The number of lines holding "IsWord" is all you should give; count them in the records below.

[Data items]
--------------------------------------------------

-- ===== src/Dispatch/Refusal/Line.antt =====
-- A received line with a numeric reply that refuses the bot's nick, through src/plugin_handler.c and
-- the plugins.
use bcirc.Base.{
  ℕ, suc, ◌+◌, ◌*◌, ◌≤◌, ◌<◌, Bytes, [], ◌∷◌, ◌++◌, none, some, ◌≡◌, refl, ap, ◌∙◌, ◌⊎◌, inl, inr,
  ℤ, subst, sym, true, false, ◌==◌, leb, ltb, arith, length, is_space, strtok, str_eq, strstr,
  Bool-cases,
}
use bcirc.PluginHandler.{Arg, Params, params, bcirc_plugin_ok, bcirc_plugin_continue}
use bcirc.PluginHandler.Index.{get_cb_index, callbacks_for}
use bcirc.PluginHandler.Names.{
  callback_server_recv, callback_server_send, callback_got_numeric, callback_callbacks_executed,
}
use bcirc.PluginHandler.Execute.{done}
use bcirc.Server.{Server, Bots, find_server}
use bcirc.Server.Receive.{line_received}
use bcirc.IrcCmds.{nick_text}
use bcirc.Events.{privmsg_word, return_value}
use bcirc.Events.Words.{IsWord, strtok-append}
use bcirc.Events.Privmsg.{get_privmsg_other}
use bcirc.Events.Numeric.{three_digits, digit_plain, get_numeric_lem}
use bcirc.Events.ChanEvent.{with_event, second_token, first_token}
use bcirc.Events.ChanEvent.Joined.{guards, get_chan_event_short}
use bcirc.Core.{answer_ping, handle_ping, is_nick_refused}
use bcirc.Plugins.Logger.{on_recv}
use bcirc.Dispatch.{Surroundings, call_plugin}
use bcirc.Dispatch.OneAnswer.{Names, IsReturn, one_answers}
use bcirc.Dispatch.Refusal.{
  IsOther, IsUnmoved, IsSettled, reply_line, no_event, unmoved_passes, alternative_sent,
}

module _ (depth : ℕ) (e : Surroundings) (srv : ℕ) (server : Bytes) (a b c : ℕ) (rest : Bytes)
    (server_word : IsWord is_space server) (small_a : a < 10) (small_b : b < 10) (small_c : c < 10)
    (refused : is_nick_refused (100 * a + 10 * b + c) ≡ true)
    (spare : (k : ℕ) → k + 1 ≤ e.room k) where
  abbrev line : Bytes
  line = reply_line server a b c rest

  abbrev line_params : Params
  line_params = params (Arg.srv srv ∷ Arg.str line ∷ [])

  abbrev Settled : Bots → Type 0
  Settled =
      IsSettled depth e srv server a b c rest server_word small_a small_b small_c refused spare

  server_token : strtok is_space line ≡ some (b':' ∷ server, three_digits a b c ++ b' ' ∷ rest)
  server_token =
      strtok-append is_space b':' server b' ' (three_digits a b c ++ b' ' ∷ rest)
        (refl, server_word) refl

  number_token :
      strtok is_space (three_digits a b c ++ b' ' ∷ rest) ≡ some (three_digits a b c, rest)
  number_token =
      strtok-append is_space (b'0' + a) ((b'0' + b) ∷ (b'0' + c) ∷ []) b' ' rest
        ((digit_plain a small_a).0, ((digit_plain b small_b).0, ((digit_plain c small_c).0, tt)))
        refl

  -- It is no PING.
  answer_passes :
      (h : Bots)
      → (res : ℤ) × (call_plugin (suc (suc depth)) e 0 line_params h ≡ done res h) × IsReturn res
  unfolding call_plugin handle_ping
  answer_passes h =
      let call = call_plugin (suc depth) e in
      let silent : answer_ping call e.net e.room e.reprint srv line (strtok is_space line) h
          ≡ done bcirc_plugin_continue h =
        ap (λ o. answer_ping call e.net e.room e.reprint srv line o h) server_token in
      (
        bcirc_plugin_continue,
        elim (Bool-cases (ltb (length line) 7)) [
          | inl little ↦ rw little refl
          | inr long ↦ rw long silent
        ],
        inr refl,
      )

  -- It is no event of a channel.
  chan_event_passes :
      (h : Bots)
      → Settled h
      → length line + 1 ≤ e.room 1024
      → (res : ℤ) × (call_plugin (suc (suc depth)) e 7 line_params h ≡ done res h) × IsReturn res
  unfolding call_plugin
  chan_event_passes h (v, found, passed) fits =
      let call = call_plugin (suc depth) e in
      elim (Bool-cases (leb (length line + 1) 20)) [
        | inl little ↦ (
          bcirc_plugin_continue,
          get_chan_event_short call e.room srv line h (ground (arith, little)),
          inr refl,
        )
        | inr long ↦ elim passed [
          | inl short ↦ absurd (ground (arith, long, short))
          | inr welcome ↦ (
            bcirc_plugin_ok,
            guards call e.room srv line h v found welcome (ground (arith, long)) fits
                ∙ (ap (λ o. first_token call e.room srv line o h) server_token
                    ∙ (ap (λ o. second_token call e.room srv line o h) number_token
                        ∙ ap (λ o. with_event call e.room srv line o rest h)
                            (no_event a b c small_a))),
            inl refl,
          )
        ]
      ]

  module _ (other : strstr line privmsg_word ≡ none) (fits : length line + 1 ≤ e.room 1024) where
    line_passes :
        (f : ℕ) (h : Bots)
        → Settled h
        → IsOther f
        → (res : ℤ) × (call_plugin (suc (suc depth)) e f line_params h ≡ done res h) × IsReturn res
    unfolding call_plugin on_recv
    line_passes f h settled passing =
        let Passes : ℕ → Type 0 = λ g.
          (res : ℤ) × (call_plugin (suc (suc depth)) e g line_params h ≡ done res h)
          × IsReturn res in
        elim passing [
          | inl zero ↦ subst Passes (sym zero) (answer_passes h)
          | inr (inl five) ↦ subst Passes (sym five) (
            bcirc_plugin_ok,
            get_privmsg_other (call_plugin (suc depth) e) e.room srv line h other
                (spare (length line)),
            inl refl,
          )
          | inr (inr (inl seven)) ↦ subst Passes (sym seven) (chan_event_passes h settled fits)
          | inr (inr (inr twelve)) ↦ subst Passes (sym twelve) (bcirc_plugin_ok, refl, inl refl)
        ]

    -- A numeric reply that refuses the bot's nick, of a server whose alternative nick is another one:
    -- where one callback for received lines is get_numeric and the others pass over it, and
    -- one callback for numeric replies is handle_nick and the others pass over it too, one text goes to
    -- the server's socket, the NICK command for the alternative, which is stored as the server's nick.
    -- The line is short or the server has welcomed the bot.
    pub line_received-refused :
        (h : Bots) (v : Server)
        → Names 6 IsOther (callbacks_for callback_server_recv h.index_list)
        → Names 3 IsUnmoved (callbacks_for callback_got_numeric h.index_list)
        → get_cb_index callback_server_send h.index_list ≡ none
        → get_cb_index callback_callbacks_executed h.index_list ≡ none
        → find_server srv h.world.servers ≡ some v
        → str_eq v.nick v.alt_nick ≡ false
        → (length line + 1 ≤ 20) ⊎ ((v.motd_sent == 0) ≡ false)
        → (h' : Bots) × (v' : Server) × (line_received
              (call_plugin (suc (suc depth)) e)
              e.net
              srv
              line
              h
            ≡ done bcirc_plugin_ok h')
          × (h'.world.wire ≡ h.world.wire ++ (v.s, nick_text v.alt_nick) ∷ [])
          × (find_server srv h'.world.servers ≡ some v')
          × (v'.nick ≡ v.alt_nick)
          × (h'.index_list ≡ h.index_list)
    unfolding call_plugin
    line_received-refused h v one_line one_reply silent unannounced found differs passed =
        let call = call_plugin (suc depth) e in
        let (h', v', sent, wire, found', nick, motd, index) =
          alternative_sent depth e srv server a b c rest server_word small_a small_b small_c refused
            spare h v silent found differs in
        let settled' : Settled h' = (
          v',
          found',
          elim passed [
            | inl short ↦ inl short
            | inr welcome ↦ inr (ap (λ (k : ℕ). k == 0) motd ∙ welcome)
          ],
        ) in
        let answered =
          one_answers call _ 3 IsUnmoved Settled
            (unmoved_passes depth e srv server a b c rest server_word small_a small_b small_c
              refused spare)
            callback_got_numeric h h' one_reply refl unannounced (v, found, passed) sent index
            settled' in
        let ran : call_plugin (suc (suc depth)) e 6 line_params h ≡ done bcirc_plugin_ok h' =
          get_numeric_lem call e.room srv h b':' server a b c rest (refl, server_word) small_a
            small_b small_c
          ∙ ap (return_value call e.room bcirc_plugin_ok) answered in
        (
          h',
          v',
          one_answers (call_plugin (suc (suc depth)) e) line_params 6 IsOther Settled line_passes
              callback_server_recv h h' one_line refl unannounced (v, found, passed) ran index
              settled',
          wire,
          found',
          nick,
          index,
        )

--------------------------------------------------

### Answer below
2